This is probably the first use of the word 'android' in the era of science fiction.

"The traffic that brought him such enormous wealth was the production and sale of androids...

Eldo Arrynu," amplified Jay Kalam, "had come upon the secret of synthetic life. He generated artificial cells, and propagated them in nutrient media, controlling development by radiological and biochemical means."

Technovelgy from The Cometeers, by Jack Williamson.
Published by Street and Smith in 1936
Additional resources -

Consider other uses of the word "android", for example the description of the Nexus-6 Brain in Do Androids Dream of Electric Sheep? (1968):

The Nexus-6 android types, Rick reflected, surpassed several classes of human specials in terms of intelligence. In other words, androids equipped with the new Nexus-6 brain unit had from a sort of rough pragmatic standpoint evolved beyond a major - but inferior - segment of mankind...

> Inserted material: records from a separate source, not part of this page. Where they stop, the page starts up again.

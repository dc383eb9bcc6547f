-- ===== src/Permissions.antt =====
-- js/permissions: the permissions of a member in a scope. A bigint of permission bits is the list
-- of its bits, lowest first, one for each name of the order. A record of flags is the function
-- from a name to its truth, false where the record lacks the name; an absent record is none.
pub mod Evaluator
pub mod RoleOrder
use fount_p2p.Base.{
  ℕ, ◌≡◌, refl, ◌≢◌, Option, none, some, List, [], ◌∷◌, ◌++◌, Bool, true, false, arith,
  if◌then◌else◌, ◌&&◌, ◌||◌, not, map,
}
use fount_p2p.Base.JsMap.{JsMap, get}
use fount_p2p.Core.HexIds.{Text, text_dec, contains, decided}

abbrev pub Flags : Type 0
Flags = Text → Bool

abbrev pub Bits : Type 0
Bits = List Bool

-- `0n`; a bit past the end of a list is 0.
abbrev pub no_bits : Bits
no_bits = []

unfoldable pub encode : List Text → Option Flags → Bits
encode order none = no_bits
encode order (some flags) = map flags order

-- `decode(bits)[p] === true`: the last index of a name decides.
unfoldable pub decode : List Text → Bits → Text → Bool
decode [] bits p = false
decode (name ∷ order) [] p = false
decode (name ∷ order) (b ∷ bits) p =
    if decided (text_dec name p) && not (contains p order) then b else decode order bits p

-- `bits & (1n << BigInt(order.indexOf(p)))`: the first index of a name; no bit if it has none.
unfoldable pub first_bit : List Text → Bits → Text → Bool
first_bit [] bits p = false
first_bit (name ∷ order) [] p = false
first_bit (name ∷ order) (b ∷ bits) p =
    if decided (text_dec name p) then b else first_bit order bits p

-- `bits | other`
unfoldable pub or_bits : Bits → Bits → Bits
or_bits [] other = other
or_bits (b ∷ bits) [] = b ∷ bits
or_bits (b ∷ bits) (c ∷ other) = (b || c) ∷ or_bits bits other

-- `bits & ~other`
unfoldable pub and_not_bits : Bits → Bits → Bits
and_not_bits [] other = []
and_not_bits (b ∷ bits) [] = b ∷ bits
and_not_bits (b ∷ bits) (c ∷ other) = (b && not c) ∷ and_not_bits bits other

pub record Override : Type 0 where
  pub deny : Option Flags
  pub allow : Option Flags

abbrev pub Overrides : Type 0
Overrides = JsMap Text Override

pub record Schema : Type 0 where
  pub order : List Text
  pub superuser_name : Text
  pub everyone_role_id : Text

abbrev pub and_not_flags : List Text → Bits → Option Flags → Bits
and_not_flags order bits none = bits
and_not_flags order bits (some flags) = and_not_bits bits (encode order (some flags))

abbrev pub or_flags : List Text → Bits → Option Flags → Bits
or_flags order bits none = bits
or_flags order bits (some flags) = or_bits bits (encode order (some flags))

unfoldable pub apply_deny_allow_override : List Text → Bits → Option Override → Bits
apply_deny_allow_override order base none = base
apply_deny_allow_override order base (some o) =
    or_flags order (and_not_flags order base o.deny) o.allow

unfoldable pub merge_from : List Text → Bits → Bits → Bits → List Override → Bits
merge_from order base role_allow role_deny [] = or_bits (and_not_bits base role_deny) role_allow
merge_from order base role_allow role_deny (o ∷ overrides) =
    merge_from order base (or_flags order role_allow o.allow) (or_flags order role_deny o.deny)
      overrides

abbrev pub merge_role_overrides : List Text → Bits → List Override → Bits
merge_role_overrides order base overrides = merge_from order base no_bits no_bits overrides

-- A role is its `permissions`, which may be absent.
abbrev pub Roles : Type 0
Roles = JsMap Text (Option Flags)

abbrev pub or_role : List Text → Option (Option Flags) → Bits → Bits
or_role order none bits = bits
or_role order (some permissions) bits = or_bits bits (encode order permissions)

unfoldable pub base_from : List Text → Roles → Bits → List Text → Bits
base_from order roles bits [] = bits
base_from order roles bits (id ∷ ids) =
    base_from order roles (or_role order (get text_dec id roles) bits) ids

abbrev pub prepend_found : Option Override → List Override → List Override
prepend_found none rest = rest
prepend_found (some o) rest = o ∷ rest

-- The overrides of the member's roles, but for everyone's.
unfoldable pub role_overrides : Text → Overrides → List Text → List Override
role_overrides everyone overrides [] = []
role_overrides everyone overrides (id ∷ ids) =
    let rest = role_overrides everyone overrides ids in
    if decided (text_dec id everyone) then rest else prepend_found (get text_dec id overrides) rest

abbrev pub scope_bits : Schema → Bits → List Text → Option Overrides → Bits
scope_bits s base ids none = base
scope_bits s base ids (some overrides) =
    merge_role_overrides s.order
      (apply_deny_allow_override s.order base (get text_dec s.everyone_role_id overrides))
      (role_overrides s.everyone_role_id overrides ids)

-- `calculate(...)[p] === true`, for a member with the roles `ids`.
unfoldable pub calculate : Schema → List Text → Roles → Option Overrides → Text → Bool
calculate s ids roles overrides p =
    let base = base_from s.order roles no_bits ids in
    if first_bit s.order base s.superuser_name
    then contains p s.order
    else decode s.order (scope_bits s base ids overrides) p
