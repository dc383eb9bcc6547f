-- ===== src/Permissions/Evaluator.antt =====
-- `calculate` of js/permissions/evaluator.mjs against a description by names instead of bits.
use fount_p2p.Base.{
  ◌≡◌, refl, Option, none, some, List, [], ◌∷◌, Bool, true, false, arith, ◌&&◌, ◌||◌, not,
  Bool-cases, inl, inr, ap,
}
use fount_p2p.Base.JsMap.{get}
use fount_p2p.Core.HexIds.{Text, text_dec, contains}
use fount_p2p.Permissions.{
  Flags, Bits, no_bits, encode, decode, first_bit, or_bits, and_not_bits, Override, Overrides,
  Schema, and_not_flags, or_flags, apply_deny_allow_override, merge_from, Roles, or_role, base_from,
  role_overrides, scope_bits, calculate,
}

decode-no_bits : (order : List Text) (p : Text) → decode order no_bits p ≡ false
unfolding decode
decode-no_bits [] p = refl
decode-no_bits (n ∷ order) p = refl

decode-or_bits :
    (order : List Text) (a b : Bits) (p : Text)
    → decode order (or_bits a b) p ≡ (decode order a p || decode order b p)
unfolding decode or_bits
decode-or_bits [] a b p = refl
decode-or_bits (n ∷ order) [] b p = refl
decode-or_bits (n ∷ order) (x ∷ a) [] p = ground arith
decode-or_bits (n ∷ order) (x ∷ a) (y ∷ b) p = ground (arith, decode-or_bits order a b p)

decode-and_not_bits :
    (order : List Text) (a b : Bits) (p : Text)
    → decode order (and_not_bits a b) p ≡ (decode order a p && not (decode order b p))
unfolding decode and_not_bits
decode-and_not_bits [] a b p = refl
decode-and_not_bits (n ∷ order) [] b p = refl
decode-and_not_bits (n ∷ order) (x ∷ a) [] p = ground arith
decode-and_not_bits (n ∷ order) (x ∷ a) (y ∷ b) p = ground (arith, decode-and_not_bits order a b p)

-- The flag of a name, which an absent record lacks.
abbrev pub flag : Option Flags → Text → Bool
flag none p = false
flag (some f) p = f p

-- What `encode` packs, `decode` gives back, for the names of the order; other names are false.
pub decode-encode :
    (order : List Text) (flags : Option Flags) (p : Text)
    → decode order (encode order flags) p ≡ (contains p order && flag flags p)
unfolding decode encode
decode-encode order none p = ground (arith, decode-no_bits order p)
decode-encode [] (some f) p = refl
decode-encode (n ∷ order) (some f) p = elim (text_dec n p) [
  | yes e ↦ ground (arith, decode-encode order (some f) p, ap f e)
  | no d ↦ ground (arith, decode-encode order (some f) p)
]

first_bit-no_bits : (order : List Text) (p : Text) → first_bit order no_bits p ≡ false
unfolding first_bit
first_bit-no_bits [] p = refl
first_bit-no_bits (n ∷ order) p = refl

first_bit-or_bits :
    (order : List Text) (a b : Bits) (p : Text)
    → first_bit order (or_bits a b) p ≡ (first_bit order a p || first_bit order b p)
unfolding first_bit or_bits
first_bit-or_bits [] a b p = refl
first_bit-or_bits (n ∷ order) [] b p = refl
first_bit-or_bits (n ∷ order) (x ∷ a) [] p = ground arith
first_bit-or_bits (n ∷ order) (x ∷ a) (y ∷ b) p = ground (arith, first_bit-or_bits order a b p)

first_bit-encode :
    (order : List Text) (flags : Option Flags) (p : Text)
    → first_bit order (encode order flags) p ≡ (contains p order && flag flags p)
unfolding first_bit encode
first_bit-encode order none p = ground (arith, first_bit-no_bits order p)
first_bit-encode [] (some f) p = refl
first_bit-encode (n ∷ order) (some f) p = elim (text_dec n p) [
  | yes e ↦ ground (arith, first_bit-encode order (some f) p, ap f e)
  | no d ↦ ground (arith, first_bit-encode order (some f) p)
]

abbrev pub role_flag : Option (Option Flags) → Text → Bool
role_flag none p = false
role_flag (some flags) p = flag flags p

-- Some role of the member has the permission.
abbrev pub role_grants : Roles → List Text → Text → Bool
role_grants roles [] p = false
role_grants roles (id ∷ ids) p = role_flag (get text_dec id roles) p || role_grants roles ids p

-- Some override allows or denies the permission.
abbrev pub any_allows : List Override → Text → Bool
any_allows [] p = false
any_allows (o ∷ os) p = flag o.allow p || any_allows os p

abbrev pub any_denies : List Override → Text → Bool
any_denies [] p = false
any_denies (o ∷ os) p = flag o.deny p || any_denies os p

decode-or_role :
    (order : List Text) (role : Option (Option Flags)) (bits : Bits) (p : Text)
    → decode order (or_role order role bits) p
      ≡ (decode order bits p || contains p order && role_flag role p)
decode-or_role order none bits p = ground arith
decode-or_role order (some flags) bits p =
    ground (arith, decode-or_bits order bits (encode order flags) p, decode-encode order flags p)

first_bit-or_role :
    (order : List Text) (role : Option (Option Flags)) (bits : Bits) (p : Text)
    → first_bit order (or_role order role bits) p
      ≡ (first_bit order bits p || contains p order && role_flag role p)
first_bit-or_role order none bits p = ground arith
first_bit-or_role order (some flags) bits p =
    ground
      (arith, first_bit-or_bits order bits (encode order flags) p, first_bit-encode order flags p)

decode-base_from :
    (order : List Text) (roles : Roles) (bits : Bits) (ids : List Text) (p : Text)
    → decode order (base_from order roles bits ids) p
      ≡ (decode order bits p || contains p order && role_grants roles ids p)
unfolding base_from
decode-base_from order roles bits [] p = ground arith
decode-base_from order roles bits (id ∷ ids) p = ground (
  arith,
  decode-base_from order roles (or_role order (get text_dec id roles) bits) ids p,
  decode-or_role order (get text_dec id roles) bits p,
)

first_bit-base_from :
    (order : List Text) (roles : Roles) (bits : Bits) (ids : List Text) (p : Text)
    → first_bit order (base_from order roles bits ids) p
      ≡ (first_bit order bits p || contains p order && role_grants roles ids p)
unfolding base_from
first_bit-base_from order roles bits [] p = ground arith
first_bit-base_from order roles bits (id ∷ ids) p = ground (
  arith,
  first_bit-base_from order roles (or_role order (get text_dec id roles) bits) ids p,
  first_bit-or_role order (get text_dec id roles) bits p,
)

decode-or_flags :
    (order : List Text) (bits : Bits) (flags : Option Flags) (p : Text)
    → decode order (or_flags order bits flags) p
      ≡ (decode order bits p || contains p order && flag flags p)
decode-or_flags order bits none p = ground arith
decode-or_flags order bits (some f) p =
    ground
      (arith, decode-or_bits order bits (encode order (some f)) p, decode-encode order (some f) p)

decode-and_not_flags :
    (order : List Text) (bits : Bits) (flags : Option Flags) (p : Text)
    → decode order (and_not_flags order bits flags) p
      ≡ (decode order bits p && not (contains p order && flag flags p))
decode-and_not_flags order bits none p = ground arith
decode-and_not_flags order bits (some f) p = ground (
  arith,
  decode-and_not_bits order bits (encode order (some f)) p,
  decode-encode order (some f) p,
)

decode-merge_from :
    (order : List Text) (base role_allow role_deny : Bits) (os : List Override) (p : Text)
    → contains p order ≡ true
    → decode order (merge_from order base role_allow role_deny os) p ≡ (
        decode order role_allow p
        || any_allows os p
        || decode order base p && not (decode order role_deny p || any_denies os p))
unfolding merge_from
decode-merge_from order base role_allow role_deny [] p h = ground (
  arith,
  decode-or_bits order (and_not_bits base role_deny) role_allow p,
  decode-and_not_bits order base role_deny p,
)
decode-merge_from order base role_allow role_deny (o ∷ os) p h = ground (
  arith,
  decode-merge_from order base (or_flags order role_allow o.allow) (or_flags order role_deny o.deny)
      os p h,
  decode-or_flags order role_allow o.allow p,
  decode-or_flags order role_deny o.deny p,
)

-- Everyone's override of the scope: what it allows, and the base less what it denies.
abbrev pub after_everyone : Option Override → Bool → Text → Bool
after_everyone none base p = base
after_everyone (some o) base p = flag o.allow p || base && not (flag o.deny p)

-- The scope's overrides, by name: the roles' allow wins over their deny, and both over everyone's.
abbrev pub in_scope : Text → Option Overrides → List Text → Bool → Text → Bool
in_scope everyone none ids base p = base
in_scope everyone (some overrides) ids base p =
    any_allows (role_overrides everyone overrides ids) p
    || after_everyone (get text_dec everyone overrides) base p
      && not (any_denies (role_overrides everyone overrides ids) p)

decode-apply_deny_allow_override :
    (order : List Text) (base : Bits) (o : Option Override) (p : Text)
    → contains p order ≡ true
    → decode order (apply_deny_allow_override order base o) p
      ≡ after_everyone o (decode order base p) p
unfolding apply_deny_allow_override
decode-apply_deny_allow_override order base none p h = refl
decode-apply_deny_allow_override order base (some o) p h = ground (
  arith,
  decode-or_flags order (and_not_flags order base o.deny) o.allow p,
  decode-and_not_flags order base o.deny p,
)

decode-scope_bits :
    (s : Schema) (base : Bits) (ids : List Text) (overrides : Option Overrides) (p : Text)
    → contains p s.order ≡ true
    → decode s.order (scope_bits s base ids overrides) p
      ≡ in_scope s.everyone_role_id overrides ids (decode s.order base p) p
decode-scope_bits s base ids none p h = refl
decode-scope_bits s base ids (some os) p h = ground (
  arith,
  decode-merge_from s.order
      (apply_deny_allow_override s.order base (get text_dec s.everyone_role_id os)) no_bits no_bits
      (role_overrides s.everyone_role_id os ids) p h,
  decode-apply_deny_allow_override s.order base (get text_dec s.everyone_role_id os) p h,
  decode-no_bits s.order p,
)

decode_unknown :
    (order : List Text) (bits : Bits) (p : Text)
    → contains p order ≡ false
    → decode order bits p ≡ false
unfolding decode
decode_unknown [] bits p h = refl
decode_unknown (n ∷ order) [] p h = refl
decode_unknown (n ∷ order) (b ∷ bits) p h = ground (arith, decode_unknown order bits p)

-- A member has the superuser permission by some role.
abbrev pub is_superuser : Schema → List Text → Roles → Bool
is_superuser s ids roles =
    contains s.superuser_name s.order && role_grants roles ids s.superuser_name

-- `calculate` grants a permission if and only if the order names it, and either a role of the
-- member has the superuser permission, or the overrides of the scope leave it granted: a role's
-- allow wins over any role's deny, which wins over everyone's allow, which wins over everyone's
-- deny, which wins over what the roles grant.
pub calculate_lem :
    (s : Schema) (ids : List Text) (roles : Roles) (overrides : Option Overrides) (p : Text)
    → calculate s ids roles overrides p ≡ (
        contains p s.order
        && (is_superuser s ids roles
            || in_scope s.everyone_role_id overrides ids (role_grants roles ids p) p))
unfolding calculate
calculate_lem s ids roles overrides p = elim (Bool-cases (contains p s.order)) [
  | inl known ↦ ground (
    arith,
    first_bit-base_from s.order roles no_bits ids s.superuser_name,
    first_bit-no_bits s.order s.superuser_name,
    decode-base_from s.order roles no_bits ids p,
    decode-no_bits s.order p,
    decode-scope_bits s (base_from s.order roles no_bits ids) ids overrides p known,
  )
  | inr unknown ↦ ground (
    arith,
    decode_unknown s.order (scope_bits s (base_from s.order roles no_bits ids) ids overrides) p
        unknown,
  )
]
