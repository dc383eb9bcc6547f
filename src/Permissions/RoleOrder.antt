-- ===== src/Permissions/RoleOrder.antt =====
-- The order of a member's roles does not matter to `calculate` of js/permissions/evaluator.mjs.
use fount_p2p.Base.{
  ◌≡◌, refl, Option, none, some, List, [], ◌∷◌, Bool, true, false, arith, ◌&&◌, ◌||◌, not,
  Bool-cases, inl, inr, sym, ◌∙◌, subst,
}
use fount_p2p.Base.JsMap.{get}
use fount_p2p.Core.HexIds.{Text, text_dec, decided, IsIn}
use fount_p2p.Permissions.{
  Override, Overrides, Schema, Roles, role_overrides, calculate, prepend_found,
}
use fount_p2p.Permissions.Evaluator.{
  flag, role_flag, role_grants, any_allows, any_denies, in_scope, calculate_lem,
}

abbrev pub any_of : (Text → Bool) → List Text → Bool
any_of f [] = false
any_of f (id ∷ ids) = f id || any_of f ids

any_of-IsIn :
    (f : Text → Bool) (id : Text) (ids : List Text)
    → IsIn id ids
    → f id ≡ true
    → any_of f ids ≡ true
any_of-IsIn f id [] h k = absurd h
any_of-IsIn f id (x ∷ ids) (inl e) k = ground (arith, subst (λ y. f y ≡ true) (sym e) k)
any_of-IsIn f id (x ∷ ids) (inr h) k = ground (arith, any_of-IsIn f id ids h k)

any_of-Includes :
    (f : Text → Bool) (xs ys : List Text)
    → ((id : Text) → IsIn id xs → IsIn id ys)
    → any_of f xs ≡ true
    → any_of f ys ≡ true
any_of-Includes f [] ys there h = cc
any_of-Includes f (x ∷ xs) ys there h = elim (Bool-cases (f x)) [
  | inl holds ↦ any_of-IsIn f x ys (there x (inl refl)) holds
  | inr fails ↦ any_of-Includes f xs ys (λ id k. there id (inr k)) (ground arith)
]

any_of_agrees :
    (f : Text → Bool) (xs ys : List Text)
    → ((id : Text) → IsIn id xs → IsIn id ys)
    → ((id : Text) → IsIn id ys → IsIn id xs)
    → any_of f xs ≡ any_of f ys
any_of_agrees f xs ys there back = elim (Bool-cases (any_of f xs)) [
  | inl holds ↦ holds ∙ sym (any_of-Includes f xs ys there holds)
  | inr fails ↦ elim (Bool-cases (any_of f ys)) [
    | inl holds ↦ cc (any_of-Includes f ys xs back holds, fails)
    | inr also ↦ fails ∙ sym also
  ]
]

role_grants-any_of :
    (roles : Roles) (ids : List Text) (p : Text)
    → role_grants roles ids p ≡ any_of (λ id. role_flag (get text_dec id roles) p) ids
role_grants-any_of roles [] p = refl
role_grants-any_of roles (id ∷ ids) p = ground (arith, role_grants-any_of roles ids p)

abbrev allowed_by : Option Override → Text → Bool
allowed_by none p = false
allowed_by (some o) p = flag o.allow p

abbrev denied_by : Option Override → Text → Bool
denied_by none p = false
denied_by (some o) p = flag o.deny p

any_allows-prepend_found :
    (o : Option Override) (os : List Override) (p : Text)
    → any_allows (prepend_found o os) p ≡ (allowed_by o p || any_allows os p)
any_allows-prepend_found none os p = refl
any_allows-prepend_found (some o) os p = refl

any_denies-prepend_found :
    (o : Option Override) (os : List Override) (p : Text)
    → any_denies (prepend_found o os) p ≡ (denied_by o p || any_denies os p)
any_denies-prepend_found none os p = refl
any_denies-prepend_found (some o) os p = refl

any_allows-any_of :
    (e : Text) (os : Overrides) (ids : List Text) (p : Text)
    → any_allows (role_overrides e os ids) p
      ≡ any_of (λ id. not (decided (text_dec id e)) && allowed_by (get text_dec id os) p) ids
unfolding role_overrides
any_allows-any_of e os [] p = refl
any_allows-any_of e os (id ∷ ids) p = ground (
  arith,
  any_allows-any_of e os ids p,
  any_allows-prepend_found (get text_dec id os) (role_overrides e os ids) p,
)

any_denies-any_of :
    (e : Text) (os : Overrides) (ids : List Text) (p : Text)
    → any_denies (role_overrides e os ids) p
      ≡ any_of (λ id. not (decided (text_dec id e)) && denied_by (get text_dec id os) p) ids
unfolding role_overrides
any_denies-any_of e os [] p = refl
any_denies-any_of e os (id ∷ ids) p = ground (
  arith,
  any_denies-any_of e os ids p,
  any_denies-prepend_found (get text_dec id os) (role_overrides e os ids) p,
)

module _ (xs ys : List Text) (there : (id : Text) → IsIn id xs → IsIn id ys)
    (back : (id : Text) → IsIn id ys → IsIn id xs) where
  role_grants_agrees : (roles : Roles) (p : Text) → role_grants roles xs p ≡ role_grants roles ys p
  role_grants_agrees roles p =
      role_grants-any_of roles xs p
      ∙ any_of_agrees (λ id. role_flag (get text_dec id roles) p) xs ys there back
      ∙ sym (role_grants-any_of roles ys p)

  in_scope_agrees :
      (e : Text) (overrides : Option Overrides) (base : Bool) (p : Text)
      → in_scope e overrides xs base p ≡ in_scope e overrides ys base p
  in_scope_agrees e none base p = refl
  in_scope_agrees e (some os) base p = cc (
    any_allows-any_of e os xs p,
    any_allows-any_of e os ys p,
    any_denies-any_of e os xs p,
    any_denies-any_of e os ys p,
    any_of_agrees (λ id. not (decided (text_dec id e)) && allowed_by (get text_dec id os) p) xs ys
        there back,
    any_of_agrees (λ id. not (decided (text_dec id e)) && denied_by (get text_dec id os) p) xs ys
        there back,
  )

-- Two members with the same roles, in any order and with any repetition, have the same permissions.
pub calculate_agrees :
    (s : Schema) (xs ys : List Text) (roles : Roles) (overrides : Option Overrides) (p : Text)
    → ((id : Text) → IsIn id xs → IsIn id ys)
    → ((id : Text) → IsIn id ys → IsIn id xs)
    → calculate s xs roles overrides p ≡ calculate s ys roles overrides p
calculate_agrees s xs ys roles overrides p there back = cc (
  calculate_lem s xs roles overrides p,
  calculate_lem s ys roles overrides p,
  role_grants_agrees xs ys there back roles s.superuser_name,
  role_grants_agrees xs ys there back roles p,
  in_scope_agrees xs ys there back s.everyone_role_id overrides (role_grants roles ys p) p,
)
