-- ===== src/Tests.antt =====
-- The theorems of the library at concrete inputs.
mod Caches
mod Wire
mod Events
mod Access
mod Exchange
mod Ordering
mod Admission
mod Retention
mod Locks
mod Keys
mod Waits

Or Robert Silverberg in Tower of Glass (1970):

He was in total communion with the computer, making use of all its sensors, scanners and terminals. Why go through the tedious routine of talking to a computer, when it was possible to design an android capable of becoming part of one?

See also androide from Cyclopaedia: or, An Universal Dictionary of Arts and Sciences (1727) by Ephraim Chambers, andy from Do Androids Dream of Electric Sheep (1968) by Philip K. Dick and droid from Star Wars (1976) by George Lucas.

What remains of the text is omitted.